Extracted information ->
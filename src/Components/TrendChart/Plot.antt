-- ===== src/Components/TrendChart/Plot.antt =====
-- The points of a chart lie in its frame.
use instace_metric_collector.Common.{
  ℕ, suc, ◌+◌, ◌-◌, ◌≤◌, ◌<◌, max, true, List, [], ◌∷◌, ◌++◌, map, length, Bool-cases, inl, inr,
  All, here, In_All, In-append_right, ◌≡◌, refl, arith,
}
use instace_metric_collector.Common.Floats.{Floats}
use instace_metric_collector.Domain.HistorySeries.{HistoryPoint}
use instace_metric_collector.Domain.HistorySeries.Laws.{IsOrdered, maximum_lem}
use instace_metric_collector.Routes.History.{scale_max}
use instace_metric_collector.Components.TrendChart.{
  pad_top, pad_left, inner_w, inner_h, x_at, y_at, plot_from, plot,
}

abbrev pub Within : {F : Type 0} → Floats F → F → ℕ → ℕ → Type 0
Within fl x low high = (fl.le (fl.of_nat low) x ≡ true) × (fl.le x (fl.of_nat high) ≡ true)

-- What rounding keeps: the order of natural numbers, a quotient of a number by one that is not
-- smaller lies in the unit interval, and products, sums and differences with small natural numbers
-- stay between the bounds that they have without rounding.
pub record IsRounded {F : Type 0} (fl : Floats F) : Type 0 where
  pub of_nat_le : (m n : ℕ) → m ≤ n → fl.le (fl.of_nat m) (fl.of_nat n) ≡ true
  pub one_positive : fl.lt (fl.of_nat 0) (fl.of_nat 1) ≡ true
  pub div_unit :
      (a b : F)
      → fl.le (fl.of_nat 0) a ≡ true
      → fl.le a b ≡ true
      → fl.lt (fl.of_nat 0) b ≡ true
      → Within fl (fl.div a b) 0 1
  pub mul_unit :
      (q : F) (h : ℕ) → h ≤ 1024 → Within fl q 0 1 → Within fl (fl.mul q (fl.of_nat h)) 0 h
  pub add_within :
      (d : F) (a h : ℕ)
      → a + h ≤ 1024
      → Within fl d 0 h
      → Within fl (fl.add (fl.of_nat a) d) a (a + h)
  pub sub_within :
      (d : F) (a h : ℕ)
      → a + h ≤ 1024
      → Within fl d 0 h
      → Within fl (fl.sub (fl.of_nat (a + h)) d) a (a + h)

module _ {F : Type 0} ⦃fl : Floats F⦄ (o : IsOrdered fl) (r : IsRounded fl) where
  positive : (x : F) → fl.le (fl.of_nat 1) x ≡ true → fl.lt (fl.of_nat 0) x ≡ true
  positive x h = elim (Bool-cases (fl.le x (fl.of_nat 0))) [
    | inl e ↦
        ground
          (arith, o.preorder.trans _ _ _ h e, r.one_positive, o.lt_le (fl.of_nat 0) (fl.of_nat 1))
    | inr e ↦ ground (arith, o.lt_le (fl.of_nat 0) x)
  ]

  abbrev IsIn : F × F → Type 0
  IsIn q = Within fl q.0 pad_left (pad_left + inner_w) × Within fl q.1 pad_top (pad_top + inner_h)

  x_at-Within : (count i : ℕ) → i < count → Within fl (x_at count i) pad_left (pad_left + inner_w)
  unfolding x_at
  x_at-Within count i h = r.add_within _ pad_left inner_w (omega arith) (
      r.mul_unit _ inner_w (omega arith) (
        r.div_unit _ _ (r.of_nat_le 0 i (omega arith))
          (r.of_nat_le i (max (count - 1) 1) (omega arith))
          (positive _ (r.of_nat_le 1 (max (count - 1) 1) (omega arith)))))

  y_at-Within :
      (y_max v : F)
      → fl.le (fl.of_nat 1) y_max ≡ true
      → fl.le (fl.of_nat 0) v ≡ true
      → fl.le v y_max ≡ true
      → Within fl (y_at y_max v) pad_top (pad_top + inner_h)
  unfolding y_at
  y_at-Within y_max v one low high =
      r.sub_within _ pad_top inner_h (omega arith)
        (r.mul_unit _ inner_h (omega arith) (r.div_unit v y_max low high (positive y_max one)))

  -- The value of a point, from 0 to the top of the scale.
  abbrev IsPlotted : F → HistoryPoint F → Type 0
  IsPlotted y_max p = (fl.le (fl.of_nat 0) p.value ≡ true) × (fl.le p.value y_max ≡ true)

  plot_from-IsIn :
      (count i : ℕ) (y_max : F) (points : List (HistoryPoint F))
      → fl.le (fl.of_nat 1) y_max ≡ true
      → i + length points ≤ count
      → All (IsPlotted y_max) points
      → All IsIn (plot_from count y_max i points)
  unfolding plot_from
  plot_from-IsIn count i y_max [] one n h = tt
  plot_from-IsIn count i y_max (p ∷ points) one n ((low, high), h) = (
    (x_at-Within count i (omega arith), y_at-Within y_max p.value one low high),
    plot_from-IsIn count (suc i) y_max points one (omega arith) h,
  )

  length-plot_from :
      (count i : ℕ) (y_max : F) (points : List (HistoryPoint F))
      → length (plot_from count y_max i points) ≡ length points
  unfolding plot_from
  length-plot_from count i y_max [] = refl
  length-plot_from count i y_max (p ∷ points) =
      omega (arith, length-plot_from count (suc i) y_max points)

  values_below :
      (m : F) (points : List (HistoryPoint F)) (ys : List F)
      → All (λ y. fl.le y m ≡ true) (map (λ p. p.value) points ++ ys)
      → All (λ p. fl.le p.value m ≡ true) points
  values_below m [] ys h = tt
  values_below m (p ∷ points) ys (q, h) = (q, values_below m points ys h)

  scale_bounds :
      (top : F) (points : List (HistoryPoint F))
      → (fl.le (fl.of_nat 1) (scale_max top points) ≡ true)
        × All (λ p. fl.le p.value (scale_max top points) ≡ true) points
  unfolding scale_max
  scale_bounds top points =
      let values : List F = map (λ p. p.value) points in
      let (_, all) = (maximum_lem o top (values ++ fl.of_nat 1 ∷ [])).0 in
      (In_All _ _ all (In-append_right values _ (here refl)), values_below _ points _ all)

  plotted :
      (m : F) (points : List (HistoryPoint F))
      → All (λ p. fl.le (fl.of_nat 0) p.value ≡ true) points
      → All (λ p. fl.le p.value m ≡ true) points
      → All (IsPlotted m) points
  plotted m [] h k = tt
  plotted m (p ∷ points) (a, h) (b, k) = ((a, b), plotted m points h k)

  -- For numbers ordered and rounded as `IsOrdered` and `IsRounded` say, and points whose values are
  -- not negative: the chart has a point for each of them, and all are drawn within its frame.
  pub plot_in_frame :
      (top : F) (points : List (HistoryPoint F))
      → All (λ p. fl.le (fl.of_nat 0) p.value ≡ true) points
      → (length (plot top points) ≡ length points)
        × All
            (λ q.
              Within fl q.0 pad_left (pad_left + inner_w)
              × Within fl q.1 pad_top (pad_top + inner_h))
            (plot top points)
  unfolding plot
  plot_in_frame top points h =
      let (one, below) = scale_bounds top points in
      (
        length-plot_from (length points) 0 _ points,
        plot_from-IsIn (length points) 0 _ points one (omega arith) (plotted _ points h below),
      )
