-- ===== src/Domain.antt =====
-- The pure functions under go/web/frontend/src/lib.
pub mod AgentStatus
pub mod Format
pub mod HistorySeries
pub mod ServiceLink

Exercise -> Retype exactly the lines above, from the one with "(q : F) (h : ℕ) → h" through the one with "r.div_unit _ _", inclusive.

Result below ->
      (q : F) (h : ℕ) → h ≤ 1024 → Within fl q 0 1 → Within fl (fl.mul q (fl.of_nat h)) 0 h
  pub add_within :
      (d : F) (a h : ℕ)
      → a + h ≤ 1024
      → Within fl d 0 h
      → Within fl (fl.add (fl.of_nat a) d) a (a + h)
  pub sub_within :
      (d : F) (a h : ℕ)
      → a + h ≤ 1024
      → Within fl d 0 h
      → Within fl (fl.sub (fl.of_nat (a + h)) d) a (a + h)

module _ {F : Type 0} ⦃fl : Floats F⦄ (o : IsOrdered fl) (r : IsRounded fl) where
  positive : (x : F) → fl.le (fl.of_nat 1) x ≡ true → fl.lt (fl.of_nat 0) x ≡ true
  positive x h = elim (Bool-cases (fl.le x (fl.of_nat 0))) [
    | inl e ↦
        ground
          (arith, o.preorder.trans _ _ _ h e, r.one_positive, o.lt_le (fl.of_nat 0) (fl.of_nat 1))
    | inr e ↦ ground (arith, o.lt_le (fl.of_nat 0) x)
  ]

  abbrev IsIn : F × F → Type 0
  IsIn q = Within fl q.0 pad_left (pad_left + inner_w) × Within fl q.1 pad_top (pad_top + inner_h)

  x_at-Within : (count i : ℕ) → i < count → Within fl (x_at count i) pad_left (pad_left + inner_w)
  unfolding x_at
  x_at-Within count i h = r.add_within _ pad_left inner_w (omega arith) (
      r.mul_unit _ inner_w (omega arith) (
        r.div_unit _ _ (r.of_nat_le 0 i (omega arith))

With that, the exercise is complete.